Task instructions>
In the data that follows, count the lines where "pure" appears, and write only the number.

_____

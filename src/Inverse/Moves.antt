-- ===== src/Inverse/Moves.antt =====
-- lib/inverse.c: moving and swapping clusters with the inverse table kept in step.
use libllfat.Prelude.{
  ℕ, zero, suc, Bool, true, false, not, ◌&&◌, ◌||◌, ltb, if◌then◌else◌, Option, none, some, List,
  [], ◌∷◌, length,
}
use libllfat.Prelude.Int.{ℤ, pos, pos_part, eqb_ℤ, ltb_ℤ}
use libllfat.Units.Host.{Host}
use libllfat.Units.Io.{SimulatedError}
use libllfat.Fs.State.{M, pure, exit, ◌>>=◌}
use libllfat.Reference.Target.{
  Reference, entry, chain, is_cluster, is_entry, get_target, set_target, refers_directory,
}
use libllfat.Reference.Move.{follow, cluster_move, cluster_swap}
use libllfat.Boot.Root.{fat_root}
use libllfat.Table.Next.{fat_unused}
use libllfat.Inverse.Slots.{Slot, slot, clear, inverse_set}

-- The slots point to units, which keep their places when their numbers change.
unfoldable pub follow_all : (a b : ℕ) → List Slot → List Slot
follow_all a b [] = []
follow_all a b (s ∷ rev) =
    record { reference = follow a b s.reference; isdir = s.isdir } ∷ follow_all a b rev

module _ {h : Host} (errors : List SimulatedError) where
  unfoldable pub move_reference :
      List Slot → Reference → Option Bool → (dst : ℕ) → Bool → M h (List Slot × ℤ)
  move_reference rev r isdir dst writeback = do
    target ← get_target errors r
    let src = pos_part target
    res ← cluster_move errors r dst writeback
    if not (eqb_ℤ res (pos 0)) then pure (rev, res) else (do
      one ← inverse_set errors (follow_all src dst rev) (follow src dst r) isdir
      two ← inverse_set errors one.0 (chain (pos dst)) none
      pure (clear two.0 target, pos 0))

  unfoldable pub inverse_move : List Slot → (src dst : ℕ) → Bool → M h (List Slot × ℤ)
  inverse_move rev src dst writeback =
      let s = slot rev src in
      if ltb src (length rev)
      then move_reference rev s.reference (some s.isdir) dst writeback
      else exit

  unfoldable pub swap_reference :
      List Slot → Reference → Option Bool → Reference → Option Bool → Bool → M h (List Slot × ℤ)
  swap_reference rev r isdir s isdir' writeback = do
    first ← get_target errors r
    second ← get_target errors s
    let a = pos_part first
    let b = pos_part second
    res ← cluster_swap errors r s writeback
    if not (eqb_ℤ res (pos 0)) then pure (rev, res) else (do
      one ← inverse_set errors (follow_all a b rev) (follow a b r) isdir
      two ← inverse_set errors one.0 (chain first) none
      three ← inverse_set errors two.0 (follow a b s) isdir'
      four ← inverse_set errors three.0 (chain second) none
      pure (four.0, pos 0))

  unfoldable pub inverse_swap : List Slot → (src dst : ℕ) → Bool → M h (List Slot × ℤ)
  inverse_swap rev src dst writeback =
      let s = slot rev src in
      let d = slot rev dst in
      if ltb src (length rev) && ltb dst (length rev)
      then swap_reference rev s.reference (some s.isdir) d.reference (some d.isdir) writeback
      else exit

-- Up the chain to a directory entry, if any. A cluster behind the end of the array is a fault.
unfoldable pub reference_to_entry : (fuel : ℕ) → List Slot → Reference → Option (Reference × Bool)
reference_to_entry fuel rev (entry d i) = some (entry d i, true)
reference_to_entry zero rev (chain p) = none
reference_to_entry (suc fuel) rev (chain p) =
    let n = pos_part p in
    let up = reference_to_entry fuel rev (slot rev n).reference in
    if not (is_cluster (chain p))
    then some (chain p, false)
    else if ltb n (length rev)
    then up
    else none

-- The cluster of a reference; with a directory the argument `previous` is 0.
unfoldable pub previous_of : Reference → ℤ
previous_of (entry d i) = pos 0
previous_of (chain p) = p

module _ {h : Host} (errors : List SimulatedError) where
  -- Whether the new target belongs to a directory, where the caller leaves it open.
  unfoldable pub kind_of : List Slot → Reference → Option Bool → M h (Option Bool)
  kind_of rev r (some isdir) = pure (some isdir)
  kind_of rev r none = do
    directory ← refers_directory r
    let p = previous_of r
    let n = pos_part p
    if directory
        then pure (some true)
        else if is_entry r || ltb_ℤ p fat_root
        then pure none
        else if not (ltb n (length rev))
        then exit
        else pure (if (slot rev n).isdir then some true else none)

  -- What is cleared is the slot of the previous cluster.
  unfoldable pub inverse_set_target : List Slot → Reference → ℤ → Option Bool → M h (List Slot)
  inverse_set_target rev r newt isdir = do
    _ ← set_target errors r newt
    kind ← kind_of rev r isdir
    if eqb_ℤ newt fat_unused
        then pure (clear rev (previous_of r))
        else (do step ← inverse_set errors rev r kind; pure step.0)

_____

Answer>
11